## Work instruction
Scan the data beneath this task and copy each line that includes "record".

::::::::::

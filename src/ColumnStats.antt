-- ===== src/ColumnStats.antt =====
-- 15-db/main.c: statistics of a column of a database, by libpq or sqlite3.
--
-- What the databases answer is an argument, and a run is the list of the calls that are made of them
-- and of the line that is printed. `snprintf` cuts a text to its array.
pub mod Resources
mod Tests
use otus_c.Common.{
  ℕ, zero, suc, ◌+◌, Bool, true, false, not, ◌||◌, Option, none, some, List, [], ◌∷◌,
}
use otus_c.Common.{◌++◌, ltb, ◌==◌, if◌then◌else◌, length, take, get_or, Text, text, str_eq}

-- `none` is a NULL that is given to printf.
pub data Call : Type 0 where
  pq_connectdb : Text → Call
  pq_finish : Call
  pq_exec : Text → Call
  pq_clear : Call
  sqlite3_open : Text → Call
  sqlite3_close : Call
  sqlite3_prepare : Text → Bool → Call
  sqlite3_finalize : Call
  print : List (Option Text) → Call

-- How the program ends, 0 or 1, and its calls.
pub record Run : Type 0 where
  pub success : Bool
  pub calls : List Call

-- The answers of a Postgres server: whether there is a connection; the type of the column, if the
-- first query was answered; what `PQgetvalue` gives behind the second.
pub record Postgres : Type 0 where
  pub connected : Bool
  pub column : Option ℕ
  pub row : List (Option Text)

pub data ColumnType : Type 0 where
  integer float textual blob null : ColumnType

-- The answers of sqlite3: whether the file opens; whether the first query can be prepared, and the
-- type of the column in its first row, if there is one; the second query and its row.
pub record Sqlite : Type 0 where
  pub opens : Bool
  pub prepares : Bool
  pub first_row : Option ColumnType
  pub prepares_query : Bool
  pub row : Option (List (Option Text))

abbrev pub arg : List Text → ℕ → Text
arg argv i = get_or argv i []

abbrev pub conninfo : List Text → Text
conninfo argv = take 1023 (
    text "host="
    ++ (arg argv 2
        ++ (text " port="
            ++ (arg argv 3
                ++ (text " dbname="
                    ++ (arg argv 4
                        ++ (text " user="
                            ++ (arg argv 6
                                ++ (text " password="
                                    ++ (arg argv 7 ++ text " connect_timeout=5"))))))))))

abbrev pub check_query : Text → Text → Text → Text
check_query column table limit =
    take 511 (text "SELECT " ++ (column ++ (text " FROM " ++ (table ++ (text " LIMIT " ++ limit)))))

abbrev pub postgres_query : Text → Text → Text
postgres_query column table = take 1023 (
    text "SELECT AVG("
    ++ (column
        ++ (text "), MAX("
            ++ (column
                ++ (text "), MIN("
                    ++ (column
                        ++ (text "), SUM("
                            ++ (column
                                ++ (text "), var_pop("
                                    ++ (column ++ (text ") FROM " ++ table)))))))))))

abbrev pub sqlite_query : Text → Text → Text
sqlite_query column table = take 1023 (
    text "SELECT AVG("
    ++ (column
        ++ (text "), MAX("
            ++ (column
                ++ (text "), MIN("
                    ++ (column
                        ++ (text "), SUM("
                            ++ (column
                                ++ (text "), (AVG("
                                    ++ (column
                                        ++ (text "*"
                                            ++ (column
                                                ++ (text ") - (AVG("
                                                    ++ (column
                                                        ++ (text ")*AVG("
                                                            ++ (column
                                                            ++ (text "))) FROM "
                                                            ++ table)))))))))))))))))

abbrev pub is_numeric_oid : ℕ → Bool
is_numeric_oid t = t == 20 || (t == 21 || (t == 23 || (t == 700 || (t == 701 || t == 1700))))

abbrev pub is_numeric : ColumnType → Bool
is_numeric integer = true
is_numeric float = true
is_numeric null = true
is_numeric textual = false
is_numeric blob = false

abbrev pub quits : List Call → Run
quits calls = record { success = false; calls = calls }

-- The runs of `run_postgres`: no connection; a column that is refused; one that is answered.
abbrev pub unconnected : List Text → Run
unconnected argv = quits (pq_connectdb (conninfo argv) ∷ pq_finish ∷ [])

abbrev pub column_check : List Text → Call
column_check argv = pq_exec (check_query (arg argv 8) (arg argv 5) (text "0"))

abbrev pub refused : List Text → Run
refused argv = quits (pq_connectdb (conninfo argv) ∷ column_check argv ∷ pq_clear ∷ pq_finish ∷ [])

abbrev pub answered : Postgres → List Text → Run
answered k argv = record {
  success = true;
  calls =
      pq_connectdb (conninfo argv)
      ∷ column_check argv
      ∷ pq_clear
      ∷ pq_exec (postgres_query (arg argv 8) (arg argv 5))
      ∷ print k.row
      ∷ pq_clear
      ∷ pq_finish
      ∷ [];
}

pub run_postgres : Postgres → List Text → Run
run_postgres k argv =
    if not (length argv == 9)
    then quits []
    else if not k.connected
    then unconnected argv
    else elim k.column [
      | none ↦ refused argv
      | some t ↦ if is_numeric_oid t then answered k argv else refused argv
    ]

-- `run_sqlite` behind the first query: its calls.
pub aggregate : Sqlite → List Text → List Call
aggregate k argv =
    let query = sqlite_query (arg argv 4) (arg argv 3) in
    if not k.prepares_query
    then sqlite3_prepare query false ∷ sqlite3_finalize ∷ sqlite3_close ∷ []
    else elim k.row [
      | none ↦ sqlite3_prepare query true ∷ sqlite3_finalize ∷ sqlite3_close ∷ []
      | some row ↦ sqlite3_prepare query true ∷ print row ∷ sqlite3_finalize ∷ sqlite3_close ∷ []
    ]

-- Whether the first row lets the column pass.
abbrev pub passes : Option ColumnType → Bool
passes none = true
passes (some t) = is_numeric t

-- The calls of `run_sqlite`, up to the first query or to the end.
abbrev pub sqlite_check : List Text → Bool → List Call → List Call
sqlite_check argv ok calls =
    sqlite3_open (arg argv 2)
    ∷ sqlite3_prepare (check_query (arg argv 4) (arg argv 3) (text "1")) ok
    ∷ calls

pub run_sqlite : Sqlite → List Text → Run
unfolding aggregate
run_sqlite k argv =
    if not (length argv == 5)
    then quits []
    else if not k.opens
    then quits (sqlite3_open (arg argv 2) ∷ [])
    else if not k.prepares
    then quits (sqlite_check argv false (sqlite3_close ∷ []))
    else if not (passes k.first_row)
    then quits (sqlite_check argv true (sqlite3_finalize ∷ sqlite3_close ∷ []))
    else record {
      success = true;
      calls = sqlite_check argv true (sqlite3_finalize ∷ aggregate k argv);
    }

unfoldable pub main : Postgres → Sqlite → List Text → Run
unfolding run_postgres run_sqlite
main p s argv =
    let command = arg argv 1 in
    if ltb (length argv) 2
    then quits []
    else if str_eq command (text "postgres")
    then run_postgres p argv
    else if str_eq command (text "sqlite")
    then run_sqlite s argv
    else quits []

::::::::::

## Response below
pub record Run : Type 0 where
pub record Postgres : Type 0 where
pub record Sqlite : Type 0 where
quits calls = record { success = false; calls = calls }
answered k argv = record {
    else record {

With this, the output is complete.